I've only done this once and it was from a 4 Runner's seat, not an elevated chair. This was before I bought my place and had no place to hunt. I saw an ad in the Victoria Advocate (paper) for doe hunts, 50 dollars. I had a .357 magnum carbine I'd just bought and wanted to try it on a deer, so I call this guy. I made the date, says "What time should I be there" thinking maybe 4AM or something. He says "How about 10 O'Clock, I have an opening at 10." I'm like.."WHAAAAAT?" ROFL! I says, "Will I be able to get inside 100 yards? Wanna try this .357 carbine." He says "Should be no problem." The guy was a game biologist and was thinning the excess of doe on the place. This was not intended to be sporting.
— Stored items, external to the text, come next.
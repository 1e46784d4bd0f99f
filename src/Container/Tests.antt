-- ===== src/Container/Tests.antt =====
-- The runtimes of cross-node-rental/src/workspace/container.rs at concrete inputs.
use decentralized_cc_mesh_po.Base.{
  ok, err, ℕ, ◌≡◌, refl, Bool, true, false, none, some, [], ◌∷◌, map,
}
use decentralized_cc_mesh_po.Libvirt.Text.{codes, decimal}
use decentralized_cc_mesh_po.Libvirt.Host.{Output}
use decentralized_cc_mesh_po.Libvirt.Runtime.Status.{stopped, removed}
use decentralized_cc_mesh_po.Container.{from_docker_status, ContainerConfig}
use decentralized_cc_mesh_po.Container.Docker.{create_args, new_docker, status_of}
use decentralized_cc_mesh_po.Container.Pty.{PtyManager, stop, pty_fallback}
use decentralized_cc_mesh_po.Container.Pty.Sessions.{PtyLaws}
use decentralized_cc_mesh_po.Container.Detect.{chose_pty, Surroundings, detect_runtime}

abbrev small : ContainerConfig
small = record {
  image = codes "alpine";
  name = some (codes "box");
  ram_mb = 512;
  cpu_cores = codes "1.5";
  environment = (codes "KEY", codes "value") ∷ [];
  working_dir = none;
  command = some (codes "sleep" ∷ codes "60" ∷ []);
}

small_created :
    create_args small
    ≡ map codes (
        "create" ∷ "--name" ∷ "box" ∷ "--memory" ∷ "512m" ∷ "--cpus" ∷ "1.5" ∷ "-e" ∷ "KEY=value"
        ∷ "alpine" ∷ "sleep" ∷ "60" ∷ [])
unfolding create_args decimal
small_created = refl

abbrev no_such : Output
no_such = record { success = false; stdout = []; stderr = codes "Error: No such object: box" }

missing_is_removed : status_of (ok no_such) ≡ ok removed
unfolding status_of
missing_is_removed = refl

dead_is_stopped : from_docker_status (codes " Dead ") ≡ stopped
unfolding from_docker_status
dead_is_stopped = refl

-- A manager of at most one session, whose state is whether there is one.
abbrev one_session : PtyManager Bool
one_session = record {
  spawn_pty = λ id user shell columns rows p. (true, ok 1);
  has_session = λ id p. p;
  terminate_pty = λ id p. (false, ok tt);
  write_input = λ id input p. (p, ok tt);
  new_uuid = λ p. (p, codes "uuid");
}

one_session-PtyLaws : PtyLaws one_session
one_session-PtyLaws = record {
  spawned = λ id user shell columns rows pid p e. refl;
  terminated = λ id p e. refl;
}

stopped_well : ((pty_fallback one_session).stop_container (codes "a") true).1 ≡ ok tt
unfolding stop
stopped_well = refl

abbrev without_kvm : Surroundings ℕ ℕ ℕ
without_kvm = record {
  workspace_runtime = some (codes "LibVirt");
  gcp_project_id = none;
  libvirt_from_env = err (codes "no virsh");
  gcp_from_env = ok 7;
  docker_version = err (codes "no docker");
  pty_manager = some 5;
}

falls_to_terminal : detect_runtime without_kvm ≡ chose_pty 5
unfolding detect_runtime new_docker
falls_to_terminal = refl
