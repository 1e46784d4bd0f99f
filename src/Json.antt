-- ===== src/Json.antt =====
-- What the program uses of `serde_json::Value`: objects as lists of fields, and integers for numbers
-- (no value that the program reads or makes is a fraction).
use decentralized_cc_mesh_po.Base.{
  ltb, if◌then◌else◌, u64_mod, ℕ, ◌/◌, String, Bool, Option, none, some, List, [], ◌∷◌, str_eq,
}

mutual
  pub data Json : Type 0 where
    null : Json
    boolean : Bool → Json
    number negative : ℕ → Json
    string : String → Json
    array : Items → Json
    object : Fields → Json

  pub data Items : Type 0 where
    nil : Items
    cons : Json → Items → Items

  pub data Fields : Type 0 where
    end : Fields
    field : String → Json → Fields → Fields

-- An `i64`: a number, or `negsuc n` for -(n + 1).
pub data I64 : Type 0 where
  pos negsuc : ℕ → I64

abbrev pub get_field : String → Fields → Option Json
get_field key end = none
get_field key (field k v fs) = if str_eq k key then some v else get_field key fs

-- `Value::get` by a key.
abbrev pub get : String → Json → Option Json
get key (object fs) = get_field key fs
get key _ = none

abbrev pub as_str : Json → Option String
as_str (string s) = some s
as_str _ = none

abbrev pub as_u64 : Json → Option ℕ
as_u64 (number n) = if ltb n u64_mod then some n else none
as_u64 _ = none

-- `negative n` is the number -(n + 1).
abbrev pub as_i64 : Json → Option I64
as_i64 (number n) = if ltb n (u64_mod / 2) then some (pos n) else none
as_i64 (negative n) = if ltb n (u64_mod / 2) then some (negsuc n) else none
as_i64 _ = none

abbrev pub as_bool : Json → Option Bool
as_bool (boolean b) = some b
as_bool _ = none

abbrev pub and_then {ℓ κ} : {A : Type ℓ} {B : Type κ} → (A → Option B) → Option A → Option B
and_then f none = none
and_then f (some a) = f a

-- `payload.get(key).and_then(|v| v.as_…())`.
abbrev pub get_str : String → Json → Option String
get_str key payload = and_then as_str (get key payload)

abbrev pub get_u64 : String → Json → Option ℕ
get_u64 key payload = and_then as_u64 (get key payload)

abbrev pub get_i64 : String → Json → Option I64
get_i64 key payload = and_then as_i64 (get key payload)

abbrev pub get_bool : String → Json → Option Bool
get_bool key payload = and_then as_bool (get key payload)

abbrev pub unwrap_or {ℓ} : {A : Type ℓ} → A → Option A → A
unwrap_or d none = d
unwrap_or d (some a) = a

abbrev fields_of : List (String × Json) → Fields
fields_of [] = end
fields_of ((k, v) ∷ fs) = field k v (fields_of fs)

abbrev pub items_of : List Json → Items
items_of [] = nil
items_of (v ∷ vs) = cons v (items_of vs)

-- `json!({ … })` and `json!([ … ])`.
abbrev pub json : List (String × Json) → Json
json fs = object (fields_of fs)

abbrev pub json_array : List Json → Json
json_array vs = array (items_of vs)

-- An `Option` as `json!` shows it.
abbrev pub opt_string : Option String → Json
opt_string none = null
opt_string (some s) = string s

abbrev pub opt_number : Option ℕ → Json
opt_number none = null
opt_number (some n) = number n
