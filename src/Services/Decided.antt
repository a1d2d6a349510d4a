-- ===== src/Services/Decided.antt =====
-- services/review_service.py over any sequence of service calls: a decision is final.
use pullsmith.Common.{◌≡◌, ℕ, String, none, some, find_row-append}
use pullsmith.Db.{Db, AgentRun, Approval, approved}
use pullsmith.Db.Session.{ok}
use pullsmith.Events.Frame.{append_event-SameTables, transition-SameTables}
use pullsmith.Review.{approve, reject, request_revision, assert_push_allowed}
use pullsmith.Review.Gate.{
  find_approval, Refused, approve-Refused, reject-Refused, request_revision-Refused,
  assert_push_allowed-opens,
}
use pullsmith.Services.{Steps}
use pullsmith.Services.Rules.{MoreRules, Steps-keep}

abbrev IsDecision : ℕ → Approval → Db → Type 0
IsDecision run_id a db = find_approval run_id db.approvals ≡ some a

IsDecision-rules : (run_id : ℕ) (a : Approval) → MoreRules (IsDecision run_id a)
IsDecision-rules run_id a = record {
  rules = record {
    with_id = λ db h. h;
    with_jobs = λ db rows h. h;
    with_pull_requests = λ db rows h. h;
    with_run = λ db run keyed zeroed started free h. h;
    appended = λ r k m l p db h. rw (append_event-SameTables r k m l none p db).approvals h;
    moved = λ r t m c d p db h. rw (transition-SameTables r t m c d p db).approvals h;
  };
  with_plans = λ db rows h. h;
  with_diffs = λ db rows h. h;
  with_approval = λ db row h. simp (find_row-append, h);
  with_snapshots = λ db rows h. h;
  with_aside = λ db run_id f aside h. h;
  with_time = λ db now h. h;
}

module _ (sha256 : String → String) (run_id : ℕ) (first : Approval) {a b : Db}
    (steps : Steps sha256 a b) (decided : find_approval run_id a.approvals ≡ some first) where
  Steps-decision : find_approval run_id b.approvals ≡ some first
  Steps-decision =
      Steps-keep (IsDecision run_id first) (IsDecision-rules run_id first) sha256 steps decided

-- Once a run has a decision, then after any service calls, and in whatever state the run is by
-- then, all three decisions on it are refused and write nothing.
pub Steps-Refused :
    (sha256 : String → String) (run : AgentRun) (first : Approval) {a b : Db}
    → Steps sha256 a b
    → find_approval run.id a.approvals ≡ some first
    → (user_id : ℕ) (comment : String)
    → Refused (approve run user_id (some comment) b) b
      × Refused (reject run user_id (some comment) b) b
      × Refused (request_revision run user_id comment b) b
Steps-Refused sha256 run first steps decided user_id comment =
    let still = Steps-decision sha256 run.id first steps decided in
    (
      approve-Refused run user_id _ (first, still) (some comment),
      reject-Refused run user_id _ (first, still) (some comment),
      request_revision-Refused run user_id _ (first, still) comment,
    )

-- A run whose first decision is not an approval, a request for a revision included, never passes
-- the push gate: not after any service calls, and not with any text.
pub Steps-never_pushed :
    (sha256 : String → String) (run_id : ℕ) (first : Approval) {a b : Db}
    → Steps sha256 a b
    → find_approval run_id a.approvals ≡ some first
    → ¬ (first.decision ≡ approved)
    → (diff_text : String) (given : Approval)
    → ¬ (assert_push_allowed sha256 run_id diff_text b ≡ (ok given, b))
Steps-never_pushed sha256 run_id first steps decided not_approved diff_text given pushed =
    let still = Steps-decision sha256 run_id first steps decided in
    let (found, said, same) =
      (assert_push_allowed-opens sha256 run_id diff_text given _).0 pushed in
    not_approved (cc)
It was a way of thinning the doe/buck ratio and getting some income from it. They heavily manage the herd on this ranch and get major money for the big bucks they have there. They charge a day fee plus so much per inch on the antlers. There's not even cattle on that ranch, just deer, and it's not high fenced because there is no need, huge piece of property.

So, I show up, get in his 4 Runner with my rifle, and we start down this ranch road, for those that might be familiar, it's one of the Wielder Ranches near green lake on the Bloomington Highway. There's amazing numbers of deer there along that road. Well, within the first quarter mile, there's a herd over there, a herd over here, we stop for a herd running across a road and I jumped out off hand, but couldn't get on 'em in time at 50 yards. We stop and spot a 12 pt that looks like it'd have no problem making a record book, move on another quarter mile and there's a herd of doe about 80 yards off the road. He stopped, I rolled down the window, and took a plump little 90 lber using the window glass as a rest. He gutted it for me, we drove back and put it in my van, and I was out of there exactly 45 minutes after arrival! ROFLMAO!!!! It was deer shooting. You might call it drive and spotting, but I did what I wanted to do, collect some meat and test the little carbine on a deer. The shot was just behind the shoulder, lung shot, and it went about 15 yards before dropping. That's one of the few times I've used that rifle to hunt with. It's mostly a range fun gun, but I wanted to see how it'd work on a deer.
 
Boats,
I understand where you're coming from.
I am primarily a traditional bowhunter and don't use stands. However, when I have to hunt on public land to fill the freezer, I use a stand. Why? All the times I walk through sporting goods stores and hear some bubba asking for heavy bullets for his rifle so it will cut through the brush.
It's a little frightening to think of people shooting through brush at something they can't see. Especially when other people may be out there.
:what:

But, most of the time I pack way up in the mountains where the lazy crowd can't drive to that easily.